"Did you know the tree owl can turn its head 270 degrees?" was the CBS trivia question last week in an apparent synopsis of its report on Israel's agreeing to George W. Bush's road map. Bush emphasizes the "W" in interviews with the Arab press, perhaps to hint that he's a new, more determined version of his father, who was also president.
CBS didn't claim that Ariel Sharon's policies bore any resemblance to the qualities of the North American bird with the large ears that look like horns. Of course there's no connection - they just like to spice up their news with such things.

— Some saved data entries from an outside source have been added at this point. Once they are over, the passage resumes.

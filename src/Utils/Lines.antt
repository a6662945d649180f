-- ===== src/Utils/Lines.antt =====
-- Lines and prefixes, `readline1` and `check_cmd_prefix` of lib/utils.c.
pub mod Laws
use hsbsw.Prelude.{
  zero, suc, ℕ, ◌+◌, ◌-◌, ◌==◌, Bool, true, false, List, [], ◌∷◌, ◌&&◌, leb, if◌then◌else◌,
}
use hsbsw.Codes.{minus_one}

-- What `read` of one byte gives in turn.
pub data Read : Type 0 where
  byte : ℕ → Read
  at_end interrupted broken : Read

-- What is returned, and the characters that have been stored; a 0 ends them unless the read failed.
pub record ReadLine : Type 0 where
  pub ret : ℕ
  pub chars : List ℕ

abbrev pub stored : ℕ → ReadLine → ReadLine
stored c l = record { ret = l.ret; chars = c ∷ l.chars }

-- The loop of `readline1` from `n` on, with `room` rounds left; what `read` gives ends with `at_end`.
unfoldable pub read_chars : List Read → ℕ → ℕ → ReadLine
read_chars rs n zero = record { ret = n; chars = [] }
read_chars [] n (suc room) = record { ret = if n == 1 then 0 else n; chars = [] }
read_chars (at_end ∷ rs) n (suc room) = record { ret = if n == 1 then 0 else n; chars = [] }
read_chars (interrupted ∷ rs) n (suc room) = read_chars rs n (suc room)
read_chars (broken ∷ rs) n (suc room) = record { ret = minus_one; chars = [] }
read_chars (byte c ∷ rs) n (suc room) =
    let rest = stored c (read_chars rs (suc n) room) in
    if c == b'\n' then record { ret = n; chars = c ∷ [] } else rest

-- For a buffer of at least one byte.
unfoldable pub readline1 : List Read → ℕ → ReadLine
readline1 rs maxlen = read_chars rs 1 (maxlen - 1)

-- `tolower` on ASCII, as `strncasecmp` compares.
abbrev pub lower : ℕ → ℕ
lower c = if leb b'A' c && leb c b'Z' then c + 32 else c

-- `strncasecmp(cmd, prefix, strlen(prefix))` is 0, for strings without their 0.
unfoldable pub same_start : List ℕ → List ℕ → Bool
same_start cmd [] = true
same_start [] (p ∷ prefix) = false
same_start (c ∷ cmd) (p ∷ prefix) = (lower c == lower p) && same_start cmd prefix

-- For pointers that are not NULL: 0, or the pattern of -2.
unfoldable pub check_cmd_prefix : List ℕ → List ℕ → ℕ
check_cmd_prefix cmd prefix = if same_start cmd prefix then 0 else minus_one - 1
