-- ===== src/Utils/Lines/Laws.antt =====
-- How many bytes `readline1` of lib/utils.c says that it has read.
use hsbsw.Prelude.{
  zero, suc, ℕ, ◌+◌, ◌-◌, ◌≡◌, ◌<◌, ◌==◌, false, List, [], ◌∷◌, ◌++◌, map, arith, length,
  length-append, All,
}
use hsbsw.Utils.Lines.{Read, byte, at_end, read_chars, readline1}

-- A text before the end of the line.
abbrev pub NoNewline : List ℕ → Type 0
NoNewline = All (λ c. (c == b'\n') ≡ false)

read_chars-newline :
    (text : List ℕ) (rs : List Read) (n room : ℕ)
    → NoNewline text
    → length text < room
    → read_chars (map byte text ++ (byte b'\n' ∷ rs)) n room
      ≡ record { ret = n + length text; chars = text ++ (b'\n' ∷ []) }
unfolding read_chars
read_chars-newline text rs n zero h l = absurd (omega arith)
read_chars-newline [] rs n (suc room) h l = ground arith
read_chars-newline (c ∷ text) rs n (suc room) h l =
    rw h.0 (ground (arith, read_chars-newline text rs (suc n) room h.1 (omega arith)))

read_chars-end :
    (text : List ℕ) (rs : List Read) (n room : ℕ)
    → NoNewline text
    → 1 < n + length text
    → length text < room
    → read_chars (map byte text ++ (at_end ∷ rs)) n room
      ≡ record { ret = n + length text; chars = text }
unfolding read_chars
read_chars-end text rs n zero h k l = absurd (omega arith)
read_chars-end [] rs n (suc room) h k l = ground arith
read_chars-end (c ∷ text) rs n (suc room) h k l =
    rw h.0 (ground (arith, read_chars-end text rs (suc n) room h.1 (omega arith) (omega arith)))

-- A line that fits with its newline is stored with it, and the result is the number of its bytes; but
-- a last line without a newline, which is not empty, is stored with a result that is one too large.
pub readline1-ret :
    (text : List ℕ) (rs : List Read) (maxlen : ℕ)
    → NoNewline text
    → length text + 1 < maxlen
    → (readline1 (map byte text ++ (byte b'\n' ∷ rs)) maxlen
        ≡ record { ret = length (text ++ (b'\n' ∷ [])); chars = text ++ (b'\n' ∷ []) })
      × (0 < length text
          → readline1 (map byte text ++ (at_end ∷ rs)) maxlen
            ≡ record { ret = length text + 1; chars = text })
unfolding readline1
readline1-ret text rs maxlen h l = (
  ground (
    arith,
    read_chars-newline text rs 1 (maxlen - 1) h (omega arith),
    length-append text (b'\n' ∷ []),
  ),
  λ some_text. ground (arith, read_chars-end text rs 1 (maxlen - 1) h (omega arith) (omega arith)),
)
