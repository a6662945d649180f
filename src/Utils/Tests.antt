-- ===== src/Utils/Tests.antt =====
-- "Ma" in base64, and bytes that no encoder writes.
use hsbsw.Prelude.{ℕ, ◌≡◌, refl, arith, true, List, [], ◌∷◌, some, All}
use hsbsw.Utils.Base64.{encrypt_b64, decode_b64, reverse_table}
use hsbsw.Utils.Base64.Laws.{IsByte, encrypt_b64-base64}
use hsbsw.Utils.Base64.RoundTrip.{decode_b64-encrypt_b64}

abbrev two : List ℕ
two = 77 ∷ 97 ∷ []

two-IsByte : All IsByte two
two-IsByte = (omega arith, (omega arith, tt))

encrypt_b64-base64_example : encrypt_b64 true (some two) ≡ (4, 84 ∷ 87 ∷ 69 ∷ 61 ∷ 0 ∷ [])
encrypt_b64-base64_example = encrypt_b64-base64 two two-IsByte

decode_b64-encrypt_b64_example :
    (rest : List ℕ) × (decode_b64 true
        (encrypt_b64 true (some two)).1
        (encrypt_b64 true (some two)).0
      ≡ some (2, 77 ∷ 97 ∷ 0 ∷ rest))
decode_b64-encrypt_b64_example = decode_b64-encrypt_b64 two two-IsByte

-- The entries behind the 240 that the table gives.
high_byte_is_A : reverse_table 240 ≡ some 0
unfolding reverse_table
high_byte_is_A = refl
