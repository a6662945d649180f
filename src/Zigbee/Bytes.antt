-- ===== src/Zigbee/Bytes.antt =====
-- The first bytes of an array, as a list, for the frames of core_daemon/driver_cg_zigbee.c.
use hsbsw.Prelude.{ℕ, zero, suc, ◌<◌, ◌≡◌, refl, sym, ap, ◌∙◌, arith, List, [], ◌∷◌, length, get_or}

-- `n` values of a function
abbrev pub first_bytes : ℕ → (ℕ → ℕ) → List ℕ
first_bytes zero f = []
first_bytes (suc n) f = f 0 ∷ first_bytes n (λ i. f (suc i))

pub length-first_bytes : (n : ℕ) (f : ℕ → ℕ) → length (first_bytes n f) ≡ n
length-first_bytes zero f = refl
length-first_bytes (suc n) f = ap suc (length-first_bytes n (λ i. f (suc i)))

pub first_bytes-cong :
    (n : ℕ) (f g : ℕ → ℕ) → ((i : ℕ) → i < n → f i ≡ g i) → first_bytes n f ≡ first_bytes n g
first_bytes-cong zero f g h = refl
first_bytes-cong (suc n) f g h =
    rw
      (
        h 0 (omega arith),
        first_bytes-cong n (λ i. f (suc i)) (λ i. g (suc i)) (λ i k. h (suc i) (omega (arith, k))),
      )
      refl

pub get_or-first_bytes : (n i : ℕ) (f : ℕ → ℕ) → i < n → get_or (first_bytes n f) i 0 ≡ f i
get_or-first_bytes zero i f h = absurd (omega arith)
get_or-first_bytes (suc n) zero f h = refl
get_or-first_bytes (suc n) (suc i) f h = get_or-first_bytes n i (λ j. f (suc j)) (omega arith)

-- Two arrays with the same first bytes.
pub same_byte :
    (n m : ℕ) (f g : ℕ → ℕ) (i : ℕ) → first_bytes n f ≡ first_bytes m g → i < n → i < m → f i ≡ g i
same_byte n m f g i e h k =
    sym (get_or-first_bytes n i f h) ∙ ap (λ l. get_or l i 0) e ∙ get_or-first_bytes m i g k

Since Thursday, September 28, 2000, when the then fading Knesset member Ariel Sharon set foot on Temple Mount, a lethal 32-month war has been raging. Another week, another month, and if indeed a lengthy lull is achieved, this war could also finally have a name - the thousand-day war. This would be like the war of attrition along the Suez, with Sharon as Southern Command general, which ended with a cease-fire that began with three months but lasted three years.
Sharonologists swear his new policy reflects a real decision, made from the necessity of logic and in an emotional storm. As evidence, Sharon is now telling everyone he tried to tell Amram Mitzna the day after the Knesset elections.
As expected, Mitzna chose not to believe him and to decline the Defense Ministry portfolio. Since last summer, Mitzna's moves, in addition to his personal evaporation, has caused Labor's resignation from the government, and hasty elections in which it was smashed and Sharon proved that it was not necessary for peace. If Mitzna had not popped up in Haifa to challenge Benjamin Ben-Eliezer with registered Peace Now party members who didn't bother to go back to the polls to vote for his party for the Knesset, the elections would have been, as planned, in another five months. The credit for Sharon's newfound moderation would have been partially granted to the restraining influence of Shimon Peres and Ben-Eliezer.
Sharon has never had and doesn't have a line - just points, which afterward are formed into a line. He always recites "no" to the Palestinians, "yes" to the Americans, and "maybe" to the center, whether in its old form Labor or in its current incarnation, Shinui. He does not initiate, only blocks, and the suddenly slandered occupation in his mouth is only the verbal braying of a ram against rivals.
If he was so disgusted by controlling others, control that does not matter how many are controlled or their readiness to bear arms against occupiers, he would admit there's no difference in principle between Gaza and the West Bank to East Jerusalem and the Golan Heights.
Sharon is now going through what Maj. Gen. Amos Gilad predicted, not entirely successfully, would be Saddam Hussein's fate - his back is to the wall. Two groups, the Bush entourage and the Israeli police, will be asking him to answer some tough questions - Bush about the future, the police about the past.
Bush will demand to know what Sharon will do, and the police will want to know why he allegedly did what they have found out he has done. A cautious investor would not put his money on the chances of Sharon being around as prime minister in 2004.
In the thousand-day war, if things don't go wrong and it turns into the two thousand-day war, there were four major players - Yasser Arafat, Osama bin Laden, Saddam Hussein and George W. Bush. If not for the first three, the fourth would have long since been pressuring Sharon, who was and remains a bully - powerful against Arafat, weak against Bush.
Twenty years late, Sharon joins his partner-deposer from the Kahan Commission Report, Menachem Begin, in a political version of Begin's saying: "I can't go on."